## EXERCISE GOAL:
Your task is to copy each line of the records that includes the string "Emit".

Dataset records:
########################################
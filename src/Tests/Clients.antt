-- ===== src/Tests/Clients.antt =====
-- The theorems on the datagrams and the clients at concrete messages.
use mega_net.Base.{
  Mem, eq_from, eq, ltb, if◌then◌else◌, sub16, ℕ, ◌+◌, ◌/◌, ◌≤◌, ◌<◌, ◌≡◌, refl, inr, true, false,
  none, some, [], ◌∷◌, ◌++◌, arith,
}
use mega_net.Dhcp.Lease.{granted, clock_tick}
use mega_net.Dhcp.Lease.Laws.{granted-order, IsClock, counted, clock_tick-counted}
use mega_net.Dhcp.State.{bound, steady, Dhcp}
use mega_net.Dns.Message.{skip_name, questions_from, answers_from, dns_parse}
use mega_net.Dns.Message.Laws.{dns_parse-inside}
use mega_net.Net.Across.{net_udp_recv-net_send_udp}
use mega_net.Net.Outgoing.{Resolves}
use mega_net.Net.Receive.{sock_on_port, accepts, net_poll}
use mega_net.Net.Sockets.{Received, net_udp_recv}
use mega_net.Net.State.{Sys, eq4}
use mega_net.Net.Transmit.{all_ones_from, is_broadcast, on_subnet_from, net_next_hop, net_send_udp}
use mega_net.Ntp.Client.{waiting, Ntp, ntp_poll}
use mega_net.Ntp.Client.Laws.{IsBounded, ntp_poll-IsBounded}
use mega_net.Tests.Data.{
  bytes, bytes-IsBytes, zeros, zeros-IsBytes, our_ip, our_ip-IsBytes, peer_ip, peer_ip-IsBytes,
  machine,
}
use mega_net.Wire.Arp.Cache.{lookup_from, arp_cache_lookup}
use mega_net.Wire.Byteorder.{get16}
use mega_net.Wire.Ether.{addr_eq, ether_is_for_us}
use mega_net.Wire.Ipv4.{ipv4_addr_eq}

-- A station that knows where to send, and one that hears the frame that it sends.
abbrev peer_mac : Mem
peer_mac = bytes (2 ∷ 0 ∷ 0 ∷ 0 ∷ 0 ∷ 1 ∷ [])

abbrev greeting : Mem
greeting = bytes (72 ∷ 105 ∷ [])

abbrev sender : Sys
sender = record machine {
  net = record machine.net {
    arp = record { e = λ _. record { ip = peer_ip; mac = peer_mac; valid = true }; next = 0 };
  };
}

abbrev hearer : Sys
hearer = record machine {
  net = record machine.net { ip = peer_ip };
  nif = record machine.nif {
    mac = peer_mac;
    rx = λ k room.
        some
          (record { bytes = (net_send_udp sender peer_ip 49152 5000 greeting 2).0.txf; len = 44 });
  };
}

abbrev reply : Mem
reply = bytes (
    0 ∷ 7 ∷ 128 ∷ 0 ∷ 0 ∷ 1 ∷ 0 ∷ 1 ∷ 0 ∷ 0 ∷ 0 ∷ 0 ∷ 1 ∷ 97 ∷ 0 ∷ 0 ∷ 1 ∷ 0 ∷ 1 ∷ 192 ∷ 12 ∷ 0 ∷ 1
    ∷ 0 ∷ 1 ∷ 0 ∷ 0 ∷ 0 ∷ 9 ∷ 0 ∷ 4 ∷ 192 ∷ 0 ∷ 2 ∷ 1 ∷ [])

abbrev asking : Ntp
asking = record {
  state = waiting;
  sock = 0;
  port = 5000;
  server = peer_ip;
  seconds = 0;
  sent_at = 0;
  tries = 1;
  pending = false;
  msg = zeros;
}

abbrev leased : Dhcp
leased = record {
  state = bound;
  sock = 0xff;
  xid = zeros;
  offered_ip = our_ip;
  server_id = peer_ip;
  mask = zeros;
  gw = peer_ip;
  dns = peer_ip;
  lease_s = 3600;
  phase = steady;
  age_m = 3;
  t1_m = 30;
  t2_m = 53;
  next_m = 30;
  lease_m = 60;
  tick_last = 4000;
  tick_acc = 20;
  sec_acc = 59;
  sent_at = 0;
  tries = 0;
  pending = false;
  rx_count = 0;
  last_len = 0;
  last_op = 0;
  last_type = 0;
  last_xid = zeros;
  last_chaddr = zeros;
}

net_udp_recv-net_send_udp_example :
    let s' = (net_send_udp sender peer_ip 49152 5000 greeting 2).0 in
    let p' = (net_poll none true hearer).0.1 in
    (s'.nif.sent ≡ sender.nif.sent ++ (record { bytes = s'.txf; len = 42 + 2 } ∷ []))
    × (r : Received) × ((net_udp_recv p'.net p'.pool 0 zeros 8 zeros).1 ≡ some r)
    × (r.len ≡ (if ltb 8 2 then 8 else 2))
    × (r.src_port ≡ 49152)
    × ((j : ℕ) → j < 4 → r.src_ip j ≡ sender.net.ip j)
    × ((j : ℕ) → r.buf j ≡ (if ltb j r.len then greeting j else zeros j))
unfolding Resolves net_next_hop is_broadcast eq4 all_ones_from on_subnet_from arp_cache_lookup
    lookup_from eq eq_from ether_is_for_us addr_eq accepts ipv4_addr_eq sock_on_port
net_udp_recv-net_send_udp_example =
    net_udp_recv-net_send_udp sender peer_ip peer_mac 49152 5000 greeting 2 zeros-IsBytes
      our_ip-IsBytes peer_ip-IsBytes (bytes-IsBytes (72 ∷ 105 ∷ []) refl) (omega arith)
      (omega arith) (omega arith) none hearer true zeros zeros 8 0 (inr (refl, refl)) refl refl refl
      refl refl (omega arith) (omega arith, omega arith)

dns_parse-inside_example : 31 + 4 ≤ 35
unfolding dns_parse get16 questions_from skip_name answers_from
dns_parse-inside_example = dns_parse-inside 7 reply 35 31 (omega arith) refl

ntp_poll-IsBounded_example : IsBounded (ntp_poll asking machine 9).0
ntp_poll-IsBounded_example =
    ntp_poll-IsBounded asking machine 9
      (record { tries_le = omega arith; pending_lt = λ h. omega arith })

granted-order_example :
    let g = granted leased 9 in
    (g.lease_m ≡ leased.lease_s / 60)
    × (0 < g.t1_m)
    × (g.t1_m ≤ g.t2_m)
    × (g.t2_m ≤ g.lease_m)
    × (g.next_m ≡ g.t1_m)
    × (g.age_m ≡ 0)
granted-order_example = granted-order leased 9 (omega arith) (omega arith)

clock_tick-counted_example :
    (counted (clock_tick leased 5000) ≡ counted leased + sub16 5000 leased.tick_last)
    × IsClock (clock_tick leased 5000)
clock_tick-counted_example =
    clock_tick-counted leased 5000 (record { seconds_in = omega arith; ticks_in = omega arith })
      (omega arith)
########################################
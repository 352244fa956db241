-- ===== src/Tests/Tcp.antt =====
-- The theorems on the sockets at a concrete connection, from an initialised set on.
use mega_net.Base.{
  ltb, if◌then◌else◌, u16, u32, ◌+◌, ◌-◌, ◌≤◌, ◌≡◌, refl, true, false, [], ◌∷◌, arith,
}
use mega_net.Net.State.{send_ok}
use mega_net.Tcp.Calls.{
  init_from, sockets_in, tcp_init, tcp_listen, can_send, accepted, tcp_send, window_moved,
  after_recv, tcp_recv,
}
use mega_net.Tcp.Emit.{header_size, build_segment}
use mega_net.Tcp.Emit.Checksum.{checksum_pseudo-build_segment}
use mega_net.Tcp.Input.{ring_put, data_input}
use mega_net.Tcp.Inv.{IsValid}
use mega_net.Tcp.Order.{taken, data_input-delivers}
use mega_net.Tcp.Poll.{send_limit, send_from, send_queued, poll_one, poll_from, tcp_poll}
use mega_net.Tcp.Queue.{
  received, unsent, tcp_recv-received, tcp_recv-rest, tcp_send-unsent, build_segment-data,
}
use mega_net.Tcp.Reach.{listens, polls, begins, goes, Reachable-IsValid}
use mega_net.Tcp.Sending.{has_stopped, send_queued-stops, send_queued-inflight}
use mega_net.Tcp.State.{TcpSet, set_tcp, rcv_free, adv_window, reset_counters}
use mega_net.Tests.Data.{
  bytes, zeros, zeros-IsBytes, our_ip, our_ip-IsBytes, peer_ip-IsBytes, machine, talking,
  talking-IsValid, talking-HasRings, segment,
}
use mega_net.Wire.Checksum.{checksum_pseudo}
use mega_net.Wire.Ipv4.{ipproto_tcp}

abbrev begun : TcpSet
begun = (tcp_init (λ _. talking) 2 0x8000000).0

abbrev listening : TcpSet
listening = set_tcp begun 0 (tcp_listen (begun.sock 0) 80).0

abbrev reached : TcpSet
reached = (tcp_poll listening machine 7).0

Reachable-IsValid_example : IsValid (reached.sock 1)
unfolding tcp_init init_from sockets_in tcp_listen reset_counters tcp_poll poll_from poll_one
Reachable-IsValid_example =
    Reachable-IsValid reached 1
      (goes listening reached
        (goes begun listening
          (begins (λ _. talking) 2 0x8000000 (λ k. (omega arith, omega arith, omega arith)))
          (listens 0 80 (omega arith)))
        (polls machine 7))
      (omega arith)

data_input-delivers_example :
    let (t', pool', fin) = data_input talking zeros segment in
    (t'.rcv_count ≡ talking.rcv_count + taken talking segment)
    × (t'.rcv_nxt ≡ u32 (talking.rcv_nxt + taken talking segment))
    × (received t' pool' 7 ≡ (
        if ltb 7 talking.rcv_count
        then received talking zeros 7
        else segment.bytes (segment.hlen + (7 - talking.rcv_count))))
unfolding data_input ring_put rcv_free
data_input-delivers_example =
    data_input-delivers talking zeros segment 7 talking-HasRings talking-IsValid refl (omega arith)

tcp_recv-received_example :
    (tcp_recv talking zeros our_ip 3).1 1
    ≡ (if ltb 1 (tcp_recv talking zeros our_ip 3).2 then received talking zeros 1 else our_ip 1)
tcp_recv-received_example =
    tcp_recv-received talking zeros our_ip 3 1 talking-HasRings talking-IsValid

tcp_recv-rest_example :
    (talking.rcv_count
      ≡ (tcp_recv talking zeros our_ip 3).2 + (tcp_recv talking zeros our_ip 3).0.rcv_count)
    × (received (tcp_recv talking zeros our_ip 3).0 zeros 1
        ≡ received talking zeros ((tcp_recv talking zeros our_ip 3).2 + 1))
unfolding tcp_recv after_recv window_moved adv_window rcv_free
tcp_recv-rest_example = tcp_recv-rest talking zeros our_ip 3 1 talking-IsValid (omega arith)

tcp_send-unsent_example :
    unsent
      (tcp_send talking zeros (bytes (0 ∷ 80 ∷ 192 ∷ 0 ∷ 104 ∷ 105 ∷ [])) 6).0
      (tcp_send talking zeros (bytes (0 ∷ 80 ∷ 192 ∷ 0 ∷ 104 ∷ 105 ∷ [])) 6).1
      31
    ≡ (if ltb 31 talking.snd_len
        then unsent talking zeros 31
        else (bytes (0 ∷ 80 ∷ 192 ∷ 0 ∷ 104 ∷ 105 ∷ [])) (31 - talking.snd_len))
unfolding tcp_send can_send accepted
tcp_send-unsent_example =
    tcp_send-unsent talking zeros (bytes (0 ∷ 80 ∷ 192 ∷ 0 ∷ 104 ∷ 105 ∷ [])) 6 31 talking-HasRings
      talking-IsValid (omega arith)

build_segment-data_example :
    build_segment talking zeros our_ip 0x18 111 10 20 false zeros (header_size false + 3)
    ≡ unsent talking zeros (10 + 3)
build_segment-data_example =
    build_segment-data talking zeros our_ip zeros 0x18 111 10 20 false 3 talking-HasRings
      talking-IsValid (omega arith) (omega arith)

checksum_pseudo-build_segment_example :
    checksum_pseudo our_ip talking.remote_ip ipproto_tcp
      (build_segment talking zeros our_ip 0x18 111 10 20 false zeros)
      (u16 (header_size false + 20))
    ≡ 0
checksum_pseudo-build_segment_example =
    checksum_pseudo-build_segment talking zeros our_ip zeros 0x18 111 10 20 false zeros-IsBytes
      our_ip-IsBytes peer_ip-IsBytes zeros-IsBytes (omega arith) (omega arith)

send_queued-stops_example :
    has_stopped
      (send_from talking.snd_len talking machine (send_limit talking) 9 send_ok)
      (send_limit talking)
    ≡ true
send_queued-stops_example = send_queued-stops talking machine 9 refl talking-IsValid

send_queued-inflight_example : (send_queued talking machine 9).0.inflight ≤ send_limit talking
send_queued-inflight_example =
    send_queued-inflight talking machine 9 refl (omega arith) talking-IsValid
########################################
## REPLY TO THE TASK:
use mega_net.Tcp.Emit.{header_size, build_segment}
use mega_net.Tcp.Emit.Checksum.{checksum_pseudo-build_segment}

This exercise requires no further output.